The Lanzius L II was a single-seat fighter designed and built in the United States around 1918. The sole prototype is believed to have been tested at McCook Field.
L II | |
---|---|
Role | Fighter Type of aircraft |
National origin | United States |
Manufacturer | Lanzius Aircraft Co, New York NY. |
Designer | George Lanzius |
Number built | 6 |
Developed from | Lanzius L I (Variable Speed Aeroplane) |
George Lanzius, an immigrant from Holland, founded the Lanzius Aircraft Company in New York, to develop his inventions for variable-camber and variable-incidence wings. Lanzius first designed and built a two-seat aircraft under a US Signal Corps contract in 1917, named the Lanzius Variable Speed Aeroplane (aka L I). His second aircraft, the L II, was a single-seater derived from the L I also featuring the cable operated variable-camber and incidence.[1]

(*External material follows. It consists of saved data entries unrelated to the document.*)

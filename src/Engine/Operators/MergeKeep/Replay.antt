-- ===== src/Engine/Operators/MergeKeep/Replay.antt =====
-- The ops of `merge`, replayed by `merge_keep` on other columns of the same rows.
use locust_db.Prelude.{
  ℕ, zero, suc, ◌≡◌, refl, ap, subst, sym, ◌∙◌, inl, inr, Bool-cases, some, List, [], ◌∷◌, ◌++◌,
  map, take, append_assoc, append-nil,
}
use locust_db.Engine.Operators.Comparator.{Comparator}
use locust_db.Engine.Operators.Merge.{merge}
use locust_db.Engine.Operators.Merge.Interleave.{
  tag, ops_of, elems_of, interleave, interleave_left, interleave_right, merge-interleave,
}
use locust_db.Engine.Operators.MergeKeep.{keep_loop, merge_keep}

-- A comparator of keys, on rows.
abbrev pub by_key {ℓ κ} : {R : Type ℓ} {K : Type κ} → (R → K) → Comparator K → Comparator R
by_key key C = record {
  cmp = λ a b. C.cmp (key a) (key b);
  cmp_eq = λ a b. C.cmp_eq (key a) (key b);
  is_less_than = C.is_less_than;
}

abbrev map_rows {ℓ κ} : {A : Type ℓ} {B : Type κ} → (A → B) → List (ℕ × A) → List (ℕ × B)
map_rows f [] = []
map_rows f ((op, x) ∷ xs) = (op, f x) ∷ map_rows f xs

module _ {ℓ κ} {A : Type ℓ} {B : Type κ} (f : A → B) where
  map_rows-tag : (op : ℕ) (xs : List A) → map_rows f (tag op xs) ≡ tag op (map f xs)
  map_rows-tag op [] = refl
  map_rows-tag op (x ∷ xs) = ap (◌∷◌ (op, f x)) (map_rows-tag op xs)

  elems_of-map_rows :
      (n : ℕ) (xs : List (ℕ × A)) → elems_of (take n (map_rows f xs)) ≡ map f (elems_of (take n xs))
  elems_of-map_rows zero xs = refl
  elems_of-map_rows (suc n) [] = refl
  elems_of-map_rows (suc n) ((op, x) ∷ xs) = ap (◌∷◌ (f x)) (elems_of-map_rows n xs)

  ops_of-map_rows :
      (n : ℕ) (xs : List (ℕ × A)) → ops_of (take n (map_rows f xs)) ≡ ops_of (take n xs)
  ops_of-map_rows zero xs = refl
  ops_of-map_rows (suc n) [] = refl
  ops_of-map_rows (suc n) ((op, x) ∷ xs) = ap (◌∷◌ op) (ops_of-map_rows n xs)

-- The interleaving of the keys is that of the rows, by their keys.
interleave-map {ℓ κ} :
    {R : Type ℓ} {K : Type κ} (C : Comparator K) (key : R → K) (ls rs : List R)
    → interleave C (map key ls) (map key rs) ≡ map_rows key (interleave (by_key key C) ls rs)
unfolding interleave
interleave-map C key [] rs = sym (map_rows-tag key 0 rs)
interleave-map C key (x ∷ ls) [] = sym (map_rows-tag key 1 (x ∷ ls))
interleave-map C key (x ∷ ls) (y ∷ rs) = elim (Bool-cases (C.cmp (key x) (key y))) [
  | inl c ↦
      interleave_left C (key x) (key y) _ _ c
      ∙ ap (◌∷◌ (1, key x)) (interleave-map C key ls (y ∷ rs))
      ∙ ap (map_rows key) (sym (interleave_left (by_key key C) x y ls rs c))
  | inr c ↦
      interleave_right C (key x) (key y) _ _ c
      ∙ ap (◌∷◌ (0, key y)) (interleave-map C key (x ∷ ls) rs)
      ∙ ap (map_rows key) (sym (interleave_right (by_key key C) x y ls rs c))
]

module _ {ℓ μ} {R : Type ℓ} {V : Type μ} (C : Comparator R) (val : R → V) where
  -- What the replay of the ops of these rows returns.
  abbrev Replays : List (ℕ × R) → List R → List R → List V → Type μ
  Replays rows ls rs result =
      keep_loop (ops_of rows) (map val ls) (map val rs) result
      ≡ some (result ++ map val (elems_of rows))

  replay_left :
      (x : R) (rows : List (ℕ × R)) (ls rs : List R) (result : List V)
      → Replays rows ls rs (result ++ val x ∷ [])
      → Replays ((1, x) ∷ rows) (x ∷ ls) rs result
  unfolding keep_loop
  replay_left x rows ls rs result h =
      h ∙ ap some (append_assoc result (val x ∷ []) (map val (elems_of rows)))

  replay_right :
      (y : R) (rows : List (ℕ × R)) (ls rs : List R) (result : List V)
      → Replays rows ls rs (result ++ val y ∷ [])
      → Replays ((0, y) ∷ rows) ls (y ∷ rs) result
  unfolding keep_loop
  replay_right y rows ls rs result h =
      h ∙ ap some (append_assoc result (val y ∷ []) (map val (elems_of rows)))

  replay_nil : (ls rs : List R) (result : List V) → Replays [] ls rs result
  unfolding keep_loop
  replay_nil ls rs result = ap some (sym (append-nil result))

  interleave-nil : (ls : List R) → interleave C ls [] ≡ tag 1 ls
  unfolding interleave
  interleave-nil [] = refl
  interleave-nil (x ∷ ls) = refl

  replay :
      (n : ℕ) (ls rs : List R) (result : List V)
      → Replays (take n (interleave C ls rs)) ls rs result
  unfolding interleave
  replay zero ls rs result = replay_nil ls rs result
  replay (suc n) [] [] result = replay_nil [] [] result
  replay (suc n) [] (y ∷ rs) result =
      replay_right y (take n (tag 0 rs)) [] rs result (replay n [] rs (result ++ val y ∷ []))
  replay (suc n) (x ∷ ls) [] result = replay_left x (take n (tag 1 ls)) ls [] result (
      subst (λ rows. Replays (take n rows) ls [] (result ++ val x ∷ [])) (interleave-nil ls)
        (replay n ls [] (result ++ val x ∷ [])))
  replay (suc n) (x ∷ ls) (y ∷ rs) result = elim (Bool-cases (C.cmp x y)) [
    | inl c ↦ rw (interleave_left C x y ls rs c) (
        replay_left x (take n (interleave C ls (y ∷ rs))) ls (y ∷ rs) result
          (replay n ls (y ∷ rs) (result ++ val x ∷ [])))
    | inr c ↦ rw (interleave_right C x y ls rs c) (
        replay_right y (take n (interleave C (x ∷ ls) rs)) (x ∷ ls) rs result
          (replay n (x ∷ ls) rs (result ++ val y ∷ [])))
  ]

-- Rows of two batches, merged by a key column: the merged rows, in one order, are what `merge`
-- returns for the keys and what `merge_keep` returns, by the ops of that `merge`, for any other
-- column of the rows. So the columns of the merged batch stay aligned, at every limit, and
-- `merge_keep` reads no element out of range.
pub merge_keep-merge {ℓ κ μ} :
    {R : Type ℓ} {K : Type κ} {V : Type μ} (C : Comparator K) (key : R → K) (val : R → V)
    (left right : List R) (limit : ℕ)
    → ((merge C (map key left) (map key right) limit).0
        ≡ map key (merge (by_key key C) left right limit).0)
      × (merge_keep (merge C (map key left) (map key right) limit).1 (map val left) (map val right)
          ≡ some (map val (merge (by_key key C) left right limit).0))
unfolding merge_keep
merge_keep-merge C key val left right limit =
    rw
      (
        merge-interleave C (map key left) (map key right) limit,
        merge-interleave (by_key key C) left right limit,
        interleave-map C key left right,
      )
      (
        elems_of-map_rows key limit (interleave (by_key key C) left right),
        ap (λ ops. keep_loop ops (map val left) (map val right) [])
              (ops_of-map_rows key limit (interleave (by_key key C) left right))
            ∙ replay (by_key key C) val limit left right [],
      )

The two-bay wings had external trusses over the upper main-spars and under the lower main spars and the variable-camber and incidence were operated by cables and pulleys, with incidence variable from 0° to +15°. Power was supplied by a variety of engines but principally by a 350 hp (260 kW) Packard 1A-1237 V-12 in-line water-cooled engine.[2] During a test flight the engine failed and the L II crashed. Meanwhile, in April 1918, four similar aircraft were ordered, powered by 400 hp (300 kW) Liberty L-12 water-cooled V-12 engines. The first of these was destroyed after a structural failure in flight killed Lanzius test pilot L.E. Holt. The United States Army Air Service (USAS) rejected the remaining three aircraft and returned them to Lanzius.[1]